If you move prior to any stupidly of the British Electorate voting out which is dependent on Cameroon getting re elected and you register correctly as Residents then it will have zero effect on you going forward, as you will be protected under current EU Law


----------



## In 2 bikes (Apr 18, 2013)

I think Cameron is just trying his hardeat to win back those that swerved off to Farage's camp on the back of the promise of immigration control if UKIP were to be elected. The government knows it cant restrict immigration from current and emerging EU countries as its against EU law, hence the need to withdraw. Also do not forget he doesn't want to pay the 'unpaid and owed' bilions back to the EU as part of an international agreement the UK had signed up to but has forgotten about. Thankfully I think the average 'blue' person reads papers above the level that The Sun is at, and can see the failings of leaving the EU so it is not likely to happen and its not on the 'red' agenda if they were to be elected.


----------



## travelling-man (Jun 17, 2011)

I fully understand that the electorate are heartily fed up with some of EU issues such as immigration, asylum, benefits and the HRA getting in the way of justice and I wouldn't be in the least surprised if UKIP take a fair number of seats at the next election because of that and quite honestly the EU payments are truly ridiculous but time will tell if the UK will leave the EU. 

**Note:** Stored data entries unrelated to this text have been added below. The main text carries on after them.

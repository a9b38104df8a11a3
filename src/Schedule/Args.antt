-- ===== src/Schedule/Args.antt =====
-- apps/gateway/src/runtime_schedule.ts: the schedule that a request's arguments describe, and
-- `cronPayloadHash`, whose digest and JSON.stringify are the parameter `digest`. Numbers of
-- arguments are natural numbers.
use Prim.Native.Char.{Char, code}
use blue_tanuki.Base.Chars.{is_digit_char, is_alnum, is_id_char}
use blue_tanuki.Base.{
  ℕ, zero, suc, ◌+◌, ◌-◌, ◌*◌, String, ◌==◌, Bool, true, false, ◌&&◌, Option, none, some, eqb, leb,
  ltb, or_else, if◌then◌else◌, Result, ok, thrown, ◌>>=◌,
}
use blue_tanuki.Base.Text.{◌<>◌}
use blue_tanuki.Base.Trim.{trim}
use blue_tanuki.Base.Dict.{Dict, get}
use blue_tanuki.Base.Json.{Json}
use blue_tanuki.Schedule.Types.{RuntimeSchedule, ScheduleStatus}

-- at most `room` characters of an id
unfoldable pub is_id_tail : ℕ → String → Bool
is_id_tail room Prim.Native.String.[] = true
is_id_tail zero (Prim.Native.String.◌∷◌ c s) = false
is_id_tail (suc room) (Prim.Native.String.◌∷◌ c s) = is_id_char c && is_id_tail room s

-- /^[A-Za-z0-9][A-Za-z0-9_.:-]{0,63}$/
unfoldable pub is_id : String → Bool
is_id Prim.Native.String.[] = false
is_id (Prim.Native.String.◌∷◌ c s) = is_alnum c && is_id_tail 63 s

abbrev pub digit_of : Char → ℕ
digit_of c = code c - 48

-- the hour and the minute of /^(\d{1,2}):(\d{2})$/
unfoldable pub time_parts : String → Option (ℕ × ℕ)
time_parts
      (Prim.Native.String.◌∷◌ a (
        Prim.Native.String.◌∷◌ b
          (Prim.Native.String.◌∷◌ c (Prim.Native.String.◌∷◌ d Prim.Native.String.[])))) =
    if is_digit_char a && eqb (code b) 58 && is_digit_char c && is_digit_char d
    then some (digit_of a, 10 * digit_of c + digit_of d)
    else none
time_parts
      (Prim.Native.String.◌∷◌ a (
        Prim.Native.String.◌∷◌ b (
          Prim.Native.String.◌∷◌ c
            (Prim.Native.String.◌∷◌ d (Prim.Native.String.◌∷◌ e Prim.Native.String.[]))))) =
    if is_digit_char a && is_digit_char b && eqb (code c) 58 && is_digit_char d && is_digit_char e
    then some (10 * digit_of a + digit_of b, 10 * digit_of d + digit_of e)
    else none
time_parts _ = none

abbrev pub is_clock : Option (ℕ × ℕ) → Bool
is_clock none = false
is_clock (some (hour, minute)) = leb hour 23 && leb minute 59

-- a text that is not blank, trimmed
abbrev pub filled_text : String → String → Result String String
filled_text value name =
    if trim value == "" then thrown (name <> " must be a non-empty string") else ok (trim value)

abbrev pub given_text : Option Json → String → Result String String
given_text (some (Json.str s)) name = filled_text s name
given_text _ name = thrown (name <> " must be a non-empty string")

-- `stringArg`
unfoldable pub string_arg : Dict Json → String → Option String → Result String String
string_arg args name fallback = elim (get args name) [
  | none ↦ elim fallback [
    | some text ↦ ok text
    | none ↦ thrown (name <> " must be a non-empty string")
  ]
  | some value ↦ given_text (some value) name
]

abbrev pub id_of_text : String → String → Result String String
id_of_text s label =
    if is_id (trim s)
    then ok (trim s)
    else thrown (label <> " must match /^[A-Za-z0-9][A-Za-z0-9_.:-]{0,63}$/")

unfoldable pub required_id : Option Json → String → Result String String
required_id (some (Json.str s)) label = id_of_text s label
required_id _ label = thrown (label <> " must match /^[A-Za-z0-9][A-Za-z0-9_.:-]{0,63}$/")

unfoldable pub optional_time : Option Json → Option String → Result String (Option String)
optional_time none fallback = ok fallback
optional_time (some (Json.str s)) fallback =
    if is_clock (time_parts s) then ok (some s) else thrown "time must use HH:MM local time"
optional_time (some _) fallback = thrown "time must use HH:MM local time"

unfoldable pub optional_interval : Option Json → Option ℕ → Result String (Option ℕ)
optional_interval none fallback = ok fallback
optional_interval (some (Json.num n)) fallback =
    if ltb 0 n then ok (some n) else thrown "interval_ms must be a positive integer"
optional_interval (some _) fallback = thrown "interval_ms must be a positive integer"

abbrev pub field_of {ℓ} : {A : Type ℓ} → (RuntimeSchedule → A) → Option RuntimeSchedule → Option A
field_of f none = none
field_of f (some s) = some (f s)

-- a field that the earlier schedule may not have
abbrev pub option_of {ℓ} :
    {A : Type ℓ} → (RuntimeSchedule → Option A) → Option RuntimeSchedule → Option A
option_of f none = none
option_of f (some s) = f s

module _ (digest : String → String → String → String → Option ℕ → String) where
  abbrev pub cron_payload_hash : String → String → String → Option String → Option ℕ → String
  cron_payload_hash channel target content time interval_ms =
      digest channel target content (or_else time "07:00") interval_ms

  abbrev pub timed_schedule :
      String
      → ℕ
      → Option RuntimeSchedule
      → String
      → String
      → String
      → Option String
      → Option ℕ
      → RuntimeSchedule
  timed_schedule id now previous channel target content time interval_ms = record {
    id = id;
    enabled = true;
    channel = channel;
    target = target;
    content = content;
    time = time;
    interval_ms = interval_ms;
    created_at_ms = or_else (field_of (λ s. s.created_at_ms) previous) now;
    updated_at_ms = now;
    payload_hash = cron_payload_hash channel target content time interval_ms;
    status = ScheduleStatus.pending;
  }

  -- a schedule needs a time or an interval
  abbrev pub with_timing :
      Option String → Option ℕ → RuntimeSchedule → Result String RuntimeSchedule
  with_timing none none s =
      thrown "schedule requires time=HH:MM or interval_ms; nothing was activated"
  with_timing _ _ s = ok s

  unfoldable pub build_schedule_from_args :
      String → Dict Json → ℕ → Option RuntimeSchedule → Result String RuntimeSchedule
  build_schedule_from_args id args now previous =
      string_arg args "channel" (field_of (λ s. s.channel) previous) >>= λ channel.
      string_arg args "target" (field_of (λ s. s.target) previous) >>= λ target.
      string_arg args "content" (field_of (λ s. s.content) previous) >>= λ content.
      optional_time (get args "time") (option_of (λ s. s.time) previous) >>= λ time.
      optional_interval (get args "interval_ms") (option_of (λ s. s.interval_ms) previous)
      >>= λ interval_ms.
          with_timing time interval_ms
            (timed_schedule id now previous channel target content time interval_ms)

As for those of us who already have at least our first 5 year residencia, I think (and hope) we'll be OK but as has been said, those flying under the radar might find it's a different matter for them.


----------



## Jeff and Lynne (Nov 4, 2014)

*EU*

"British expatriates in the EU will be, in effect, the eggs that have to be broken to make the omelettes of those British politicians who feel uncomfortable living next to Romanians." 

Thank you for your reply, we are tempted to do that but there are lots of scary quotes as above in the media at the moment - especially with the new head of the EU saying he will not negotiate on the free movement rules with Cameron and Merkel this week saying that she now recognises that the UK may very well leave the EU.

This may result in no free emergency healthcare outside of the EU and pensions may not increase with inflation outside of the EU.

"The corollary of hearing fewer foreign languages spoken on British trains is that English would be spoken less often in European trains." which is very sad.

We are still tempted to come and arrange private healthcare but it all feels risky.


----------



## canoeman (Mar 3, 2011)

As you say crazy quotes, think you worry far too much, if you plan your move under current legislation and register correctly you are regardless of what may happen if UK is stupid enough to pull out of EU protected. But should UK pull out then I think you will find it has far more obstacles and the likely outcome is that you would be treated exactly like a NON EU countryand would have to apply for Residence 

Free movement is a basic concept of EU so of course new head of EU & Mertel have to take a strong stand against some of ridiculous statements issuing from UK pundits & politicians or pseudo ones like Farage what other country elects an idiot to represent them in an organization he wants to take UK out off who coincidently has a German wife, would she be banned from UK?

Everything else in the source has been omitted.